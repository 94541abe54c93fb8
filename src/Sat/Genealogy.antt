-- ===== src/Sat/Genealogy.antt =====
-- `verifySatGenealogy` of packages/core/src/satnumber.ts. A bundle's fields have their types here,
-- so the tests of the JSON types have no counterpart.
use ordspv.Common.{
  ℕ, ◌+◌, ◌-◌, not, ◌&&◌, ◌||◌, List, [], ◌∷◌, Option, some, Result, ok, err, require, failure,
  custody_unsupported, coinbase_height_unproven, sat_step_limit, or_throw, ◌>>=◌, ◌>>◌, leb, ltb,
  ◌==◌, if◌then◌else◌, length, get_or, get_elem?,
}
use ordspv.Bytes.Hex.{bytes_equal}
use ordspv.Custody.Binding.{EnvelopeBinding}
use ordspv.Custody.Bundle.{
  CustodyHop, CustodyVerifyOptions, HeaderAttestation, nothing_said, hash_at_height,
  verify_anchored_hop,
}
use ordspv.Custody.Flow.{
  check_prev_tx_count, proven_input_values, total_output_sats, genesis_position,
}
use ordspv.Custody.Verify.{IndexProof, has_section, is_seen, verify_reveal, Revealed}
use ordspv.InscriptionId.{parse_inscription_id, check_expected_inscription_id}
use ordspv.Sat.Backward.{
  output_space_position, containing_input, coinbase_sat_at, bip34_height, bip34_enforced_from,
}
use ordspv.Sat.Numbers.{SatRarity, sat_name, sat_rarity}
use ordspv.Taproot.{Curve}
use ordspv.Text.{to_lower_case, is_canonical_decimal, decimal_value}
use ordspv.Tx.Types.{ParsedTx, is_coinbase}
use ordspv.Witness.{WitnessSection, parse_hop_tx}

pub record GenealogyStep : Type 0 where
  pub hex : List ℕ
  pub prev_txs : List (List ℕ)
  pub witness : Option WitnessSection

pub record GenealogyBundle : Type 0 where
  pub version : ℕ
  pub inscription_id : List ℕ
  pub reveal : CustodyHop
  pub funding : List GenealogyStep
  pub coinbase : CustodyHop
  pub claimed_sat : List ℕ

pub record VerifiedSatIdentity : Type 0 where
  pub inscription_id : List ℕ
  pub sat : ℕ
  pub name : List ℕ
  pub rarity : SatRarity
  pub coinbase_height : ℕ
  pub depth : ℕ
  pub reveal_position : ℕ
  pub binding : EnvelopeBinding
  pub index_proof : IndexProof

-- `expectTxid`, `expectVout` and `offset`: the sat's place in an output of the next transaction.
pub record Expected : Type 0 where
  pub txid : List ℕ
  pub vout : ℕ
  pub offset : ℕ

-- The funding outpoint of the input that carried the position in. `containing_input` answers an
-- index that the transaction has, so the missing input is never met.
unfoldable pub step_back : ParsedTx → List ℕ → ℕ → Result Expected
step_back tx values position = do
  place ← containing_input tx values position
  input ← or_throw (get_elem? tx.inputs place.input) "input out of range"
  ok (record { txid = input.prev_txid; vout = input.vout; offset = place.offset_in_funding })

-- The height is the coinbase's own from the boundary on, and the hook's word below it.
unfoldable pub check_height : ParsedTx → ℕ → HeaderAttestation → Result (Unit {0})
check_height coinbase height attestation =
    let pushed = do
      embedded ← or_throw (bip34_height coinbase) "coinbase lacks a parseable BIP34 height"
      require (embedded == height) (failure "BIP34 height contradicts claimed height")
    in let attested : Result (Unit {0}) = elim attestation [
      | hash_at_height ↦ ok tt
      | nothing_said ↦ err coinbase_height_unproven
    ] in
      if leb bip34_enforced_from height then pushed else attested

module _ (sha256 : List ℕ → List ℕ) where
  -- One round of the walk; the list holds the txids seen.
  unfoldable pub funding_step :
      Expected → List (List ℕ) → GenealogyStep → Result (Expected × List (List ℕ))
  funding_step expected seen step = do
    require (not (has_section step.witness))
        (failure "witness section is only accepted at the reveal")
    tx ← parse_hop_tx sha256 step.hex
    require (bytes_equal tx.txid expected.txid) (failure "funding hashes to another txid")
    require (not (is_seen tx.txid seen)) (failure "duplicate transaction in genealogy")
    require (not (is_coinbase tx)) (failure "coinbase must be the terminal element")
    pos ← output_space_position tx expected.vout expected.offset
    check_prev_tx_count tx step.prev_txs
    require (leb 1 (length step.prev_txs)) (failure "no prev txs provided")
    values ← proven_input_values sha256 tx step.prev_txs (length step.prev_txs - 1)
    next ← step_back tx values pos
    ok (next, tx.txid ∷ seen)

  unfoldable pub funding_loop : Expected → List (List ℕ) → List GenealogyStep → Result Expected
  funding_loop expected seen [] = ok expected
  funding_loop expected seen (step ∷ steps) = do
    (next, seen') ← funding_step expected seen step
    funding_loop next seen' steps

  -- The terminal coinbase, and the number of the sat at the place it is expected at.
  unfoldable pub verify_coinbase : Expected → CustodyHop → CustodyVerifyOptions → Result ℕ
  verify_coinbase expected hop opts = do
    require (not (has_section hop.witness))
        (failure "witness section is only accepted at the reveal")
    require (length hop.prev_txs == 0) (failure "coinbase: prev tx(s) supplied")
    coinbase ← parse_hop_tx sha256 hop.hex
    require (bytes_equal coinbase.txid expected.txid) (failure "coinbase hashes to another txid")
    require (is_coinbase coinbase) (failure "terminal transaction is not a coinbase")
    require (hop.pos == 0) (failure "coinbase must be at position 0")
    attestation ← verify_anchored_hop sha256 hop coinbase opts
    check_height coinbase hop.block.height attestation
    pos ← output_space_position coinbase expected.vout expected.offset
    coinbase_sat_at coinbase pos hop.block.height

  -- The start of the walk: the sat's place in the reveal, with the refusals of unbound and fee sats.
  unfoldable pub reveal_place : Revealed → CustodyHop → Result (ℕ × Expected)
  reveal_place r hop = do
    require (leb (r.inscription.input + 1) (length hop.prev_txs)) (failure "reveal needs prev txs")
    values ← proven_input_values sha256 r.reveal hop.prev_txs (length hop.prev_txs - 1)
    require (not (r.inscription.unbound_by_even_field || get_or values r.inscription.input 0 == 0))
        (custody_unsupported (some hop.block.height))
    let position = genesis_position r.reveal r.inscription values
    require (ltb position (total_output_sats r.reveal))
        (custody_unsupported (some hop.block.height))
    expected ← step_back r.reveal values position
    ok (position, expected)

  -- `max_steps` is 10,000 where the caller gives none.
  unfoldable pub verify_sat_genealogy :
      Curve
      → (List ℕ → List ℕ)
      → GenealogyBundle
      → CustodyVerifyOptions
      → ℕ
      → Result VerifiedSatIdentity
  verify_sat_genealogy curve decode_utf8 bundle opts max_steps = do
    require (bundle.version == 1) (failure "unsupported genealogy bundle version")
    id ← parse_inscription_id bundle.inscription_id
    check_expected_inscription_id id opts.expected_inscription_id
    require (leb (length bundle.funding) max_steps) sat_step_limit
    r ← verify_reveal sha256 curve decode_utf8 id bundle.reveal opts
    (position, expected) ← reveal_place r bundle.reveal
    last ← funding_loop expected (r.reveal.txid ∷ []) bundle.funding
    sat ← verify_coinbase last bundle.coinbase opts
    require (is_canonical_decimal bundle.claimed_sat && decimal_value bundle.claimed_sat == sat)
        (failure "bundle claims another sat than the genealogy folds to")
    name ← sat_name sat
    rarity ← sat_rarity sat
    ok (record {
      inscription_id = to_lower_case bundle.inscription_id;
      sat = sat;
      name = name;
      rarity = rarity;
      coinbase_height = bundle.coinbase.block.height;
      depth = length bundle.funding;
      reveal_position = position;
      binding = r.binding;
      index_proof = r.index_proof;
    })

* * *

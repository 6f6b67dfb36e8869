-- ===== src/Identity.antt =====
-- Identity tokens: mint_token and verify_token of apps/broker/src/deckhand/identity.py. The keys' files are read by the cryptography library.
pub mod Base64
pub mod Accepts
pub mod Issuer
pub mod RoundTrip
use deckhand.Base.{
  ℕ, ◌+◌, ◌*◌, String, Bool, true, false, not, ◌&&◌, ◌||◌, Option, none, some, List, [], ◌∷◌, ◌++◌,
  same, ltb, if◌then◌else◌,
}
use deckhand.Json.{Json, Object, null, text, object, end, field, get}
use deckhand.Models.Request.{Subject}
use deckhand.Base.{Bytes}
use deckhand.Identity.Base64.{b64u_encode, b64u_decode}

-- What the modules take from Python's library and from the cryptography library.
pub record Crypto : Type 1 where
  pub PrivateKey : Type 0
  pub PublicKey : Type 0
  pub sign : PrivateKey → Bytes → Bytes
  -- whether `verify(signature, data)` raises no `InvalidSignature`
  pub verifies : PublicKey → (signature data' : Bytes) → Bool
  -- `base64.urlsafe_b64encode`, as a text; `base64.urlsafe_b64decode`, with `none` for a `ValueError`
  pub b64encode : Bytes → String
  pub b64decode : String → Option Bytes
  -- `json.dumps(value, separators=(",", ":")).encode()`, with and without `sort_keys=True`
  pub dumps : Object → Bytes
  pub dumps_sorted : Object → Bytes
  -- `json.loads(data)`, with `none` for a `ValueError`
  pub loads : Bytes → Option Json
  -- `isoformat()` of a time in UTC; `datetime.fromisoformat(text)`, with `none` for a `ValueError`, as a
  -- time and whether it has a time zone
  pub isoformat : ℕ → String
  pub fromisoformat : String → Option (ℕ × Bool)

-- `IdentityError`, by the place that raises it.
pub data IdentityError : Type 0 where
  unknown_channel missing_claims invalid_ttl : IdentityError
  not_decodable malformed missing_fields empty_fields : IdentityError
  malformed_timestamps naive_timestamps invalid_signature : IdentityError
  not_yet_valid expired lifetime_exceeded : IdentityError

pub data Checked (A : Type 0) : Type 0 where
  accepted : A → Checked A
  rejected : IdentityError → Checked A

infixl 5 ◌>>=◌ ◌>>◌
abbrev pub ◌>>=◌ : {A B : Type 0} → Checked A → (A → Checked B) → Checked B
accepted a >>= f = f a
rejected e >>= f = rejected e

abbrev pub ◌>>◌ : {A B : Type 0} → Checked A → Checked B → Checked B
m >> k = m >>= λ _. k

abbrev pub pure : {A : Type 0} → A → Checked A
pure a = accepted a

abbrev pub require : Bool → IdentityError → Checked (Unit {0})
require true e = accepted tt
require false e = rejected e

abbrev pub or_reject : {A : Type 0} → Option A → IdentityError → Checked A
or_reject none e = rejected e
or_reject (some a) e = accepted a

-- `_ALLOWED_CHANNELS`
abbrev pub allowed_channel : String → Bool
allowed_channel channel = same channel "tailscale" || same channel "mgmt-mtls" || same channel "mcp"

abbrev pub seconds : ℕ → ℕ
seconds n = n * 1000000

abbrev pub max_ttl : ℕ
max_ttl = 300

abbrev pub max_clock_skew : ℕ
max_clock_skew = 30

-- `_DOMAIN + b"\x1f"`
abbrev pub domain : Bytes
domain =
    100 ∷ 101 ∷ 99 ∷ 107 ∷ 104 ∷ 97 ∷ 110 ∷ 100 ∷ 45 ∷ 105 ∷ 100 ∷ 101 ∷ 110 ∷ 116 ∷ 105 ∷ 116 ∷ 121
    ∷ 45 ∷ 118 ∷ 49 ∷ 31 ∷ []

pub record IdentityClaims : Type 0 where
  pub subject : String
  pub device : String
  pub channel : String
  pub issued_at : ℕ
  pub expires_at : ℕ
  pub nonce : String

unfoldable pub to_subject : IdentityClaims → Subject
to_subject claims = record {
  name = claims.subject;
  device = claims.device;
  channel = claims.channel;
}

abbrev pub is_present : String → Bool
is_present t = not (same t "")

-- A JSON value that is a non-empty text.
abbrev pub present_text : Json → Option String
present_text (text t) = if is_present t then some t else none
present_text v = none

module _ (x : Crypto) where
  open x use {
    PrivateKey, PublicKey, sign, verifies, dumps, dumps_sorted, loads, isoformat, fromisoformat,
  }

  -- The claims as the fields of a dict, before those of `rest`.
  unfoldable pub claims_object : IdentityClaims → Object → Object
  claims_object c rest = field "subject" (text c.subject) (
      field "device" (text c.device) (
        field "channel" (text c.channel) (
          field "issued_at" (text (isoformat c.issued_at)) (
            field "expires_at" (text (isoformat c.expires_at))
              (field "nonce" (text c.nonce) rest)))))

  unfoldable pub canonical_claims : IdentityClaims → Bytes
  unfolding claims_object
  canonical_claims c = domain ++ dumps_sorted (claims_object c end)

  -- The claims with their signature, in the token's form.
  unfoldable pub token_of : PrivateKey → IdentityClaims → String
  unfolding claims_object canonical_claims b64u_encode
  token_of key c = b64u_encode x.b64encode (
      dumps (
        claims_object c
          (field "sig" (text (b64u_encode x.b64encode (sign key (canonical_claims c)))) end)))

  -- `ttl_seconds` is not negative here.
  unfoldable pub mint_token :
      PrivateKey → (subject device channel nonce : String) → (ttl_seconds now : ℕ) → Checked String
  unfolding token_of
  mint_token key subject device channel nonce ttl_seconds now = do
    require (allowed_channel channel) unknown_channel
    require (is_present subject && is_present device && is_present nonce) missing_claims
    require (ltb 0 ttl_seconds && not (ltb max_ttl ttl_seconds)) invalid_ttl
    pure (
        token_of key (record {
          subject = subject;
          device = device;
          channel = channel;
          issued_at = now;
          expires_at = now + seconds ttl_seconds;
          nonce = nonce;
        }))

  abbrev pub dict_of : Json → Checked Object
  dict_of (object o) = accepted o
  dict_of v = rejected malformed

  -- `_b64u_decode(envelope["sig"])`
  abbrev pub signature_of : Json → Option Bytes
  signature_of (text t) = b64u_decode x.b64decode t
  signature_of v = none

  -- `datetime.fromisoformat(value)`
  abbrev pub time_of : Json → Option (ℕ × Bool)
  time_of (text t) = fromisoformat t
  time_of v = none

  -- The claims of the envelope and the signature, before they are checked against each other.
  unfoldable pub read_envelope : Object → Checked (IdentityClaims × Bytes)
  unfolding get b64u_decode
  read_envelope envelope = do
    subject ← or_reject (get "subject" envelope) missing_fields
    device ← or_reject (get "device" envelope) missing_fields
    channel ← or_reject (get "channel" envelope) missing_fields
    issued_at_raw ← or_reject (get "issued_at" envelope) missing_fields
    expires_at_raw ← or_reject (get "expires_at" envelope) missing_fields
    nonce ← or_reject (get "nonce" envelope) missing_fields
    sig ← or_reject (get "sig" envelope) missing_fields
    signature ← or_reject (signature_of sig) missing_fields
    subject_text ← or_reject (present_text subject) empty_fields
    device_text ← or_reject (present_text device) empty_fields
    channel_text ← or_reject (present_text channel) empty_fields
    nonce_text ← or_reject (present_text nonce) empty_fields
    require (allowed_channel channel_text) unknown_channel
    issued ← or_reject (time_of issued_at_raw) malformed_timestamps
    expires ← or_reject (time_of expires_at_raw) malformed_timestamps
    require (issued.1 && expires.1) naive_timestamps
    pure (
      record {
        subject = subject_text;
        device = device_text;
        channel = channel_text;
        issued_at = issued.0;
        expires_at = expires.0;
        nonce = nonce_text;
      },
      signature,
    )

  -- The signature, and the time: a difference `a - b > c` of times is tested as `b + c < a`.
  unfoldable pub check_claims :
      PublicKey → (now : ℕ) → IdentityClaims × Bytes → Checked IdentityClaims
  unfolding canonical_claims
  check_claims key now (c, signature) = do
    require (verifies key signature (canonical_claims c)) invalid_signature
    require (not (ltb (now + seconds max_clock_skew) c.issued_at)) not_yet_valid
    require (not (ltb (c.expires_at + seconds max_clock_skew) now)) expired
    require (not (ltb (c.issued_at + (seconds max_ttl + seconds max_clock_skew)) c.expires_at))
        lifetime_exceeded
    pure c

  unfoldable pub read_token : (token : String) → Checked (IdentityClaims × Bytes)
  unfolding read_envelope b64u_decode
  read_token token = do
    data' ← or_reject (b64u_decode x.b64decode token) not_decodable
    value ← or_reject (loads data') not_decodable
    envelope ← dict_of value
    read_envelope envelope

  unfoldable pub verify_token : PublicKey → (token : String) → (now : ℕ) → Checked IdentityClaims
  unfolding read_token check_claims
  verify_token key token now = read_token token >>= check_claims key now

...

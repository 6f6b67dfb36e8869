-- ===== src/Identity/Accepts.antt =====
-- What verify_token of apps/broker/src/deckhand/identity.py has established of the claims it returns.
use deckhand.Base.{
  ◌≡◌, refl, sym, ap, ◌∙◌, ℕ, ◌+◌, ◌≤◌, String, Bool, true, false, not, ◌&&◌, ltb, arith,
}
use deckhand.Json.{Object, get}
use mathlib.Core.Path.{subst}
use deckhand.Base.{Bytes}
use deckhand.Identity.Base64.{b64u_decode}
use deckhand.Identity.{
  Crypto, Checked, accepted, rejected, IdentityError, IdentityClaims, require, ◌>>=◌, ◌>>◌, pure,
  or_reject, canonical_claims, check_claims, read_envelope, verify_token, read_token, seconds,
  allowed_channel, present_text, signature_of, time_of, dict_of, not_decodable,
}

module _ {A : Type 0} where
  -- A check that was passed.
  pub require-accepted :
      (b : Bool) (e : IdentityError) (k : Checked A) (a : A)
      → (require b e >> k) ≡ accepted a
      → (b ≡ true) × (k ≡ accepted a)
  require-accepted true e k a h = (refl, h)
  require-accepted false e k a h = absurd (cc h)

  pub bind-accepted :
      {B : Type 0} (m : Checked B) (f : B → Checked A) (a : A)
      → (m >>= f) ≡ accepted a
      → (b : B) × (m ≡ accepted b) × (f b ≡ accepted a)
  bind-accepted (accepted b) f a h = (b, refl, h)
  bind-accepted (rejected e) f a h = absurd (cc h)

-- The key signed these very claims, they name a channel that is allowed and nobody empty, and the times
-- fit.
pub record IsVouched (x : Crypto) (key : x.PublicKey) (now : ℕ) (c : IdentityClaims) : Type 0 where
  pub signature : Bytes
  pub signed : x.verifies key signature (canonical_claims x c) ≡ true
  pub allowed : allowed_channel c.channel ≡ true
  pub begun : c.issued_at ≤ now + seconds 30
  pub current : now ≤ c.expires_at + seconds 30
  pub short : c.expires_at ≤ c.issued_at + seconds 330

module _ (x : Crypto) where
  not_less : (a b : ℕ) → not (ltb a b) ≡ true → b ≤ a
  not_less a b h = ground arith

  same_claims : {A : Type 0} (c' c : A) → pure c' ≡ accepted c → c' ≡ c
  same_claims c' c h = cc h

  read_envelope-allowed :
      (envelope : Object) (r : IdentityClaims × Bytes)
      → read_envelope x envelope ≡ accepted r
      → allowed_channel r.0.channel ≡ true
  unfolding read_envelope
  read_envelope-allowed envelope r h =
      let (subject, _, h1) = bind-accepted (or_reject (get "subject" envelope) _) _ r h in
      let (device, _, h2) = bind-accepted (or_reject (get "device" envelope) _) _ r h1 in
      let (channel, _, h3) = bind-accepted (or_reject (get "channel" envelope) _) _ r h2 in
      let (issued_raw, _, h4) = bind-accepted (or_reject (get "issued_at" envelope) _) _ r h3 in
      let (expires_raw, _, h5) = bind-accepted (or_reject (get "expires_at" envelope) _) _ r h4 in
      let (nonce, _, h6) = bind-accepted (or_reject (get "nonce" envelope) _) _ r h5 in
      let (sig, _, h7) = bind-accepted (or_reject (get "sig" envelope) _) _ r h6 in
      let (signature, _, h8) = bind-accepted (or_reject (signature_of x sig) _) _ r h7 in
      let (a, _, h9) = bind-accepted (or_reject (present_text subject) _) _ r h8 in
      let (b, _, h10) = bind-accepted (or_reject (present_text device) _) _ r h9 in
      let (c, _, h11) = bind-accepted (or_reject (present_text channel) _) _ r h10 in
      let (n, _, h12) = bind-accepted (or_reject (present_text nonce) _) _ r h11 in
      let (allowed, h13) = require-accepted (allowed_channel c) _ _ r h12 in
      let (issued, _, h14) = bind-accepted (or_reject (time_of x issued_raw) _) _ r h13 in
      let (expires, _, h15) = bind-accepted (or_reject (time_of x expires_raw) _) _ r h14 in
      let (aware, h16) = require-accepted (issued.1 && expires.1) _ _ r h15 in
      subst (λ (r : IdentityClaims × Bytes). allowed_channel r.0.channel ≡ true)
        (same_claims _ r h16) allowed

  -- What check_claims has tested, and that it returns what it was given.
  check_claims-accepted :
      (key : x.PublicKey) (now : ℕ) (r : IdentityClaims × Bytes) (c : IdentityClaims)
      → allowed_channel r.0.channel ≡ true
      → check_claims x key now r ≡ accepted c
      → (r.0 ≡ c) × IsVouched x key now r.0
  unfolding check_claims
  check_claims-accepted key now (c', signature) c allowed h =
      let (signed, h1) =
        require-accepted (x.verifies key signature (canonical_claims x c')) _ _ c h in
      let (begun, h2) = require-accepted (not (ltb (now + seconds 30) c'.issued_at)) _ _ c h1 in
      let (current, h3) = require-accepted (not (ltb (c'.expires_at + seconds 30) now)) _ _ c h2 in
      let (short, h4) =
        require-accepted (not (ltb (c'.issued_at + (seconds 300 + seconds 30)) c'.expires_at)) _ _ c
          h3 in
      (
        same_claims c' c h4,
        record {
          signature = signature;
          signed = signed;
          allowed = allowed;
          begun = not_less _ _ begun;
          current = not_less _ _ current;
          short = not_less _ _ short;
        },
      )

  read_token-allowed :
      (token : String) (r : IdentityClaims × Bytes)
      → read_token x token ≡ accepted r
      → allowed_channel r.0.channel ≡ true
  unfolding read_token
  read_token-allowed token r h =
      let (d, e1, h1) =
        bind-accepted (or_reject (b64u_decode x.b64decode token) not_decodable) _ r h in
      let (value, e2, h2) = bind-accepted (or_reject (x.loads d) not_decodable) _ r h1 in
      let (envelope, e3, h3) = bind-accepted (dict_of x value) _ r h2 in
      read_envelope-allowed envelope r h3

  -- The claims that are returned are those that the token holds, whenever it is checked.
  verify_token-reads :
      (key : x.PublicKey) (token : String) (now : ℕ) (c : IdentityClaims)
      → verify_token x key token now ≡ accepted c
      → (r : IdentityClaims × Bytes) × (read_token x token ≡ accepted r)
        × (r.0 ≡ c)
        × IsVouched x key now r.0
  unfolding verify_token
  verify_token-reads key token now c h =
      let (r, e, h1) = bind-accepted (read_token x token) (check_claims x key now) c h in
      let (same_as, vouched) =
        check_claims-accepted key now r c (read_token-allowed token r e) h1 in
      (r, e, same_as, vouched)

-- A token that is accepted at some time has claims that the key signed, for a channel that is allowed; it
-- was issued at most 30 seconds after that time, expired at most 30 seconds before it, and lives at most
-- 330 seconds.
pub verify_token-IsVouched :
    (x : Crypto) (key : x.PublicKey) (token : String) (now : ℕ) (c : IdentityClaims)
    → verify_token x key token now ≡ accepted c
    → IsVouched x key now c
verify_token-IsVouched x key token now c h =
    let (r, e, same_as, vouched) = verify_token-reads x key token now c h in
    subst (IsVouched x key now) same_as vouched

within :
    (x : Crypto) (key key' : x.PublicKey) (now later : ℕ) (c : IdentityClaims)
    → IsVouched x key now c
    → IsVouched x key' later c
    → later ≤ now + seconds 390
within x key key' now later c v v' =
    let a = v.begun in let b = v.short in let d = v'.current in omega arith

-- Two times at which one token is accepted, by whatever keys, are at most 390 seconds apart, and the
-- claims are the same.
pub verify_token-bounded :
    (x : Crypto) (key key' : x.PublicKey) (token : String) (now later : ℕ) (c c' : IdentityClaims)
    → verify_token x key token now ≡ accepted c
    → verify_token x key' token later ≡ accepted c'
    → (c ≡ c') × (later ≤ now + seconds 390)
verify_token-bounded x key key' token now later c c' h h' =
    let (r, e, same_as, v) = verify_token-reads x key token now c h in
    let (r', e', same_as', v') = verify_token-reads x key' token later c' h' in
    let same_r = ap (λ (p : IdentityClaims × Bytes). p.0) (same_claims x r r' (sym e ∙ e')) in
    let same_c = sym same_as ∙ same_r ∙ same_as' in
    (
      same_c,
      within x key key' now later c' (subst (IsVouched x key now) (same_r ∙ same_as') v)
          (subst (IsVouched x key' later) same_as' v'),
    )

## [PROBLEM]
Send back exactly the lines of the listing above starting at the one with "(same_claims _ r h16) allowed" and ending at the one with "check_claims-accepted key now (c', signature)", inclusive, and no others.

## [REPLY]
        (same_claims _ r h16) allowed

  -- What check_claims has tested, and that it returns what it was given.
  check_claims-accepted :
      (key : x.PublicKey) (now : ℕ) (r : IdentityClaims × Bytes) (c : IdentityClaims)
      → allowed_channel r.0.channel ≡ true
      → check_claims x key now r ≡ accepted c
      → (r.0 ≡ c) × IsVouched x key now r.0
  unfolding check_claims
  check_claims-accepted key now (c', signature) c allowed h =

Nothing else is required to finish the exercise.